I have been gardening using the rhythm of the planets and the moon for many years and I apply the same principal passionately to every aspect in the garden and allotment. This includes planting, sowing, weeding, pruning, picking, turning the compost heap – to name but a mere few. Farmers and gardeners have been using the moon phases method for many hundreds of years and I believe Prince Charles is also an advocate!
I have had mixed reactions when talking about it, varying from polite head nodding agreement to rolling of eyes and belly laughter. The reason I tell people about it is because everyone asks me how I make and keep the garden so healthy and vibrant and how everything grows so well. Because lunar gardening works!!
I use a combination of the waxing and waning moon and the moon’s passage through the sidereal (or star zodiac which is in a fixed position). This is not the same zodiac as the one used by astrologers (this is the tropical zodiac which moves). The sidereal method works much better for crop purposes.
The basic principal is that the moon has pulling effect on all water. This includes the sap in plants. The sap rises during the waxing moon and falls towards the roots when it wanes.
The moon also passes in front of each sign of the zodiac during the month, spending roughly 2.5 days in each one. Each sign corresponds to an element which in turn corresponds to the best crops to plant.
- Root days are the best to plant root crops when the moon passes in front of the “Earth” signs of Taurus, Virgo and Capricorn.
- Leaf days are leafy crops of spinach, lettuce etc. during the “water” signs of Cancer Scorpio, and Pisces.
- Flower days for cauliflower, broccoli, and flowers passing the “air” signs of Gemini, Libra and Aquarius.
- Fruit/seed days for tomatoes, onions, garlic, peppers passing the “fire” signs of Aries, Leo, Saggitarius.
In my experience, the water signs are the most fertile(most things will grow I have found) followed by earth, air and then the fire signs which I find are the best for clearing as they are more barren.
Some Examples of Success with Moon Gardening
A couple of years ago, I was the only person on the allotments who managed to grow carrots and I have never used any sort of artificial fertiliser. I have always had the healthiest of plots!
My beautiful clematis is pruned on a root day when the moon is waning so that all the sap goes into the roots ready for the season; peas and beans are more productive when planted on a flower day in an air sign because the number of peas/beans is dependent on the number of flowers. More flowers equal more pods.
During a waxing moon I plant leafy crops as more water is absorbed at this time. As a matter of interest, if you want to dye your hair,do it during a waxing moon near to full as the hair shaft will absorb more colour!
During the 3rd quarter (waning moon) I plant root crops and trees (good root system) and in the 4th quarter to the new moon I weed and cultivate, turn the compost heap etc.
Mow the lawn during a waning moon – no it’s not a myth!
If you want to weaken a plant (usually a weed) then prune it during a waxing moon so that the sap isn’t going into the roots to make it rise again.
I fertilise when the moon passes a water sign.

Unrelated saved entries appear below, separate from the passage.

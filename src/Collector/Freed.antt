-- ===== src/Collector/Freed.antt =====
-- qz_unref of the last reference to a list gives the memory of all its pairs back.
use quuz.Prelude.{
  ℕ, zero, suc, ◌^◌, ◌<◌, ◌≤◌, ◌≡◌, ap, refl, ◌∙◌, Bool, true, false, not, ◌&&◌, ◌||◌, Option, none,
  some, List, [], ◌∷◌, length, ◌==◌, if◌then◌else◌, arith,
}
use quuz.Object.Tag.{Obj, is_cell, is_null, to_cell}
use quuz.Object.CellType
use quuz.Object.Color
use quuz.Object.Info.{refcount, cell_type, buffered, set_refcount, set_color}
use quuz.Object.Info.Laws.{Fields, fields, fields-set_refcount, fields-set_color, set_refcount-eq}
use quuz.Machine.Store.{State, Cell, pair}
use quuz.Machine.Outcome.{M, ok}
use quuz.Machine.Cell.{update, pair_at}
use quuz.Machine.Cell.Laws.{with_cell, load-ok, update_info-ok, with_cell_self, release_memory-ok}
use quuz.Collector.{
  call_if_valid_cell, pair_children, all_children, release_cell, free_cell, decrement, unref,
}

-- An object that counts no references.
abbrev pub IsPlain : Obj → Type 0
IsPlain obj = (is_cell obj && not (is_null obj)) ≡ false

-- A pair that one reference holds, and that is not in the root buffer.
pub record Unshared (heap : ℕ → Option Cell) (p : ℕ) (front back : Obj) : Type 0 where
  pub info : ℕ
  pub holds : heap p ≡ some (record { info = info; value = pair front back })
  pub word : info < 2 ^ 64
  pub type : cell_type info ≡ CellType.pair
  pub single : refcount info ≡ 1
  pub unbuffered : buffered info ≡ 0

abbrev pub mem : ℕ → List ℕ → Bool
mem q [] = false
mem q (p ∷ ps) = (q == p) || mem q ps

-- A list of unshared pairs at different addresses `ps`, whose elements are plain, like what ends it.
abbrev pub Spine : (ℕ → Option Cell) → Obj → List ℕ → Type 0
Spine heap obj [] = IsPlain obj
Spine heap obj (p ∷ ps) =
    ((is_cell obj && not (is_null obj)) ≡ true)
    × (to_cell obj ≡ p)
    × (front : Obj) × (back : Obj) × Unshared heap p front back
    × IsPlain front
    × (mem p ps ≡ false)
    × Spine heap back ps

-- The heap without the cells at `ps`.
abbrev pub without : (ℕ → Option Cell) → List ℕ → ℕ → Option Cell
without heap ps q = if mem q ps then none else heap q

-- A write outside of a list leaves it as it was.
Spine-update :
    (heap : ℕ → Option Cell) (p : ℕ) (c : Cell) (obj : Obj) (ps : List ℕ)
    → mem p ps ≡ false
    → Spine heap obj ps
    → Spine (update heap p (some c)) obj ps
Spine-update heap p c obj [] out s = s
Spine-update heap p c obj (q ∷ qs) out (valid, at, front, back, u, plain, fresh, s) =
    let apart : (q == p) ≡ false = ground arith in
    let out' : mem p qs ≡ false = ground arith in
    (
      valid,
      at,
      front,
      back,
      record {
        info = u.info;
        holds = rw apart u.holds;
        word = u.word;
        type = u.type;
        single = u.single;
        unbuffered = u.unbuffered;
      },
      plain,
      fresh,
      Spine-update heap p c back qs out' s,
    )

-- The `info` of a pair after its last reference is gone.
module _ (info : ℕ) (word : info < 2 ^ 64) where
  dead : ℕ
  dead = set_refcount info 0

  dead-lt : dead < 2 ^ 64
  unfolding dead
  dead-lt = rw (set_refcount-eq info 0 word (omega arith)) (omega arith)

  dead-fields : fields dead ≡ record (fields info) { refcount = 0 }
  unfolding dead
  dead-fields = fields-set_refcount info 0 word (omega arith)

  black-buffered : buffered (set_color dead Color.black) ≡ buffered info
  black-buffered =
      ap (λ (f : Fields). f.buffered) (fields-set_color dead 0 dead-lt (omega arith))
      ∙ ap (λ (f : Fields). f.buffered) dead-fields

  dead-type : cell_type dead ≡ cell_type info
  dead-type = ap (λ (f : Fields). f.cell_type) dead-fields

-- One pair, given what happens to its second member.
module _ (st : State) (p : ℕ) (front back : Obj) (u : Unshared st.heap p front back)
    (plain : IsPlain front) where
  dead_cell : Cell
  unfolding dead
  dead_cell = record { info = dead u.info u.word; value = pair front back }

  dead_state : State
  unfolding dead_cell
  dead_state = with_cell st p dead_cell

  module _ (m : ℕ) (h : ℕ → Option Cell) where
    last_state : State
    last_state = record dead_state { heap = h }

    children-ok :
        call_if_valid_cell back (decrement m) dead_state ≡ ok tt last_state
        → all_children p (decrement m) dead_state ≡ ok tt last_state
    unfolding all_children pair_children pair_at call_if_valid_cell dead_state dead_cell
    children-ok run =
        let held = with_cell_self st p dead_cell in
        rw (load-ok dead_state p held, dead-type u.info u.word, u.type)
          (rw (load-ok dead_state p held, plain) (rw (load-ok dead_state p held) run))

    black_cell : Cell
    unfolding dead
    black_cell = record dead_cell { info = set_color (dead u.info u.word) Color.black }

    -- The heap in the end.
    freed : ℕ → Option Cell
    freed = update (update h p (some black_cell)) p none

    release-ok :
        call_if_valid_cell back (decrement m) dead_state ≡ ok tt last_state
        → h p ≡ some dead_cell
        → release_cell (decrement m) p dead_state ≡ ok tt (record st { heap = freed })
    unfolding release_cell free_cell dead_state last_state dead_cell black_cell freed
    release-ok run held =
        let black_state = with_cell last_state p black_cell in
        let kept = with_cell_self last_state p black_cell in
        rw (children-ok run) (
          rw (update_info-ok last_state p held (λ b. set_color b Color.black)) (
            rw (load-ok black_state p kept, black-buffered u.info u.word, u.unbuffered)
              (release_memory-ok black_state p black_cell kept)))

    decrement-ok :
        call_if_valid_cell back (decrement m) dead_state ≡ ok tt last_state
        → h p ≡ some dead_cell
        → decrement (suc m) p st ≡ ok tt (record st { heap = freed })
    unfolding decrement dead_state dead_cell dead
    decrement-ok run held =
        rw (load-ok st p u.holds, u.single)
          (rw (update_info-ok st p u.holds (λ b. set_refcount b 0)) (release-ok run held))

    freed-eq :
        (ps : List ℕ)
        → ((q : ℕ) → h q ≡ without dead_state.heap ps q)
        → (q : ℕ) → freed q ≡ without st.heap (p ∷ ps) q
    unfolding freed dead_state
    freed-eq ps same q = ground (arith, same q)

-- The result of a run that frees the cells at `ps`, and changes nothing else.
pub record Frees (ps : List ℕ) (st : State) (m : M (Unit {0})) : Type 0 where
  pub heap : ℕ → Option Cell
  pub run : m st ≡ ok tt (record st { heap = heap })
  pub freed : (q : ℕ) → heap q ≡ without st.heap ps q

call-Frees :
    (ps : List ℕ) (n : ℕ) (obj : Obj) (st : State)
    → length ps ≤ n
    → Spine st.heap obj ps
    → Frees ps st (call_if_valid_cell obj (decrement n))
unfolding call_if_valid_cell dead_state last_state
call-Frees [] n obj st le plain = record { heap = st.heap; run = rw plain refl; freed = λ q. refl }
call-Frees (p ∷ ps) zero obj st le s = absurd (omega arith)
call-Frees (p ∷ ps) (suc n) obj st le (valid, at, front, back, u, plain, fresh, s) =
    let c1 = dead_cell st p front back u plain in
    let st1 = dead_state st p front back u plain in
    let rest = call-Frees ps n back st1 (omega arith) (Spine-update st.heap p c1 back ps fresh s) in
    record {
      heap = freed st p front back u plain n rest.heap;
      run =
          rw (valid, at)
            (decrement-ok st p front back u plain n rest.heap rest.run
              (rest.freed p ∙ rw fresh (with_cell_self st p c1)));
      freed = freed-eq st p front back u plain n rest.heap ps rest.freed;
    }

-- qz_unref of the last reference to a list of any length, proper or not, returns, and gives the
-- memory of all its pairs back; every other cell, and all else of the state, stays. Each pair is held
-- by one reference and not in the root buffer, the pairs are different, and neither their elements
-- nor the end of the list count references.
pub unref-Frees :
    (ps : List ℕ) (obj : Obj) (st : State)
    → length ps ≤ st.brk
    → Spine st.heap obj ps
    → Frees ps st (unref obj)
unfolding unref
unref-Frees ps obj st le s =
    let f = call-Frees ps st.brk obj st le s in
    record { heap = f.heap; run = f.run; freed = f.freed }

All the signs are slightly different and it is worth taking into consideration eg if I can possibly avoid it I won’t plant anything during Leo as it is the most barren and I have had very weak plants in the past.
It takes a bit of effort and a bit of patience to find the perfect day for the task, and my success has come from much trial and error. It is worth it!
I use an excellent book called “Gardening and Planting by the moon” by Nick Kollerstrom to tell me which sign the moon is passing through and therefore which ”day” it is , but there are other really good sources readily available. – Buy a book and some seeds and give it a go!
This article was submitted to the allotment garden site and is copyright 2013 Tansy Jams.
Lunar gardening and planting may seem to be just new age nonsense but, to my knowledge, there has been no long-term (5 year +) trial. Which™ carried out a one year trial in 2003 on a limited range of crops that showed no difference in planting on Good or Bad days but I would not consider that conclusive proof either way.
Just because you cannot understand how something works, doesn’t mean it can’t work. For example: how does electricity get through solid wires? Most of us don’t know but we accept that it works.
On the other hand, we now know many things that were accepted fact were wrong. You’ve just got to make your own mind up.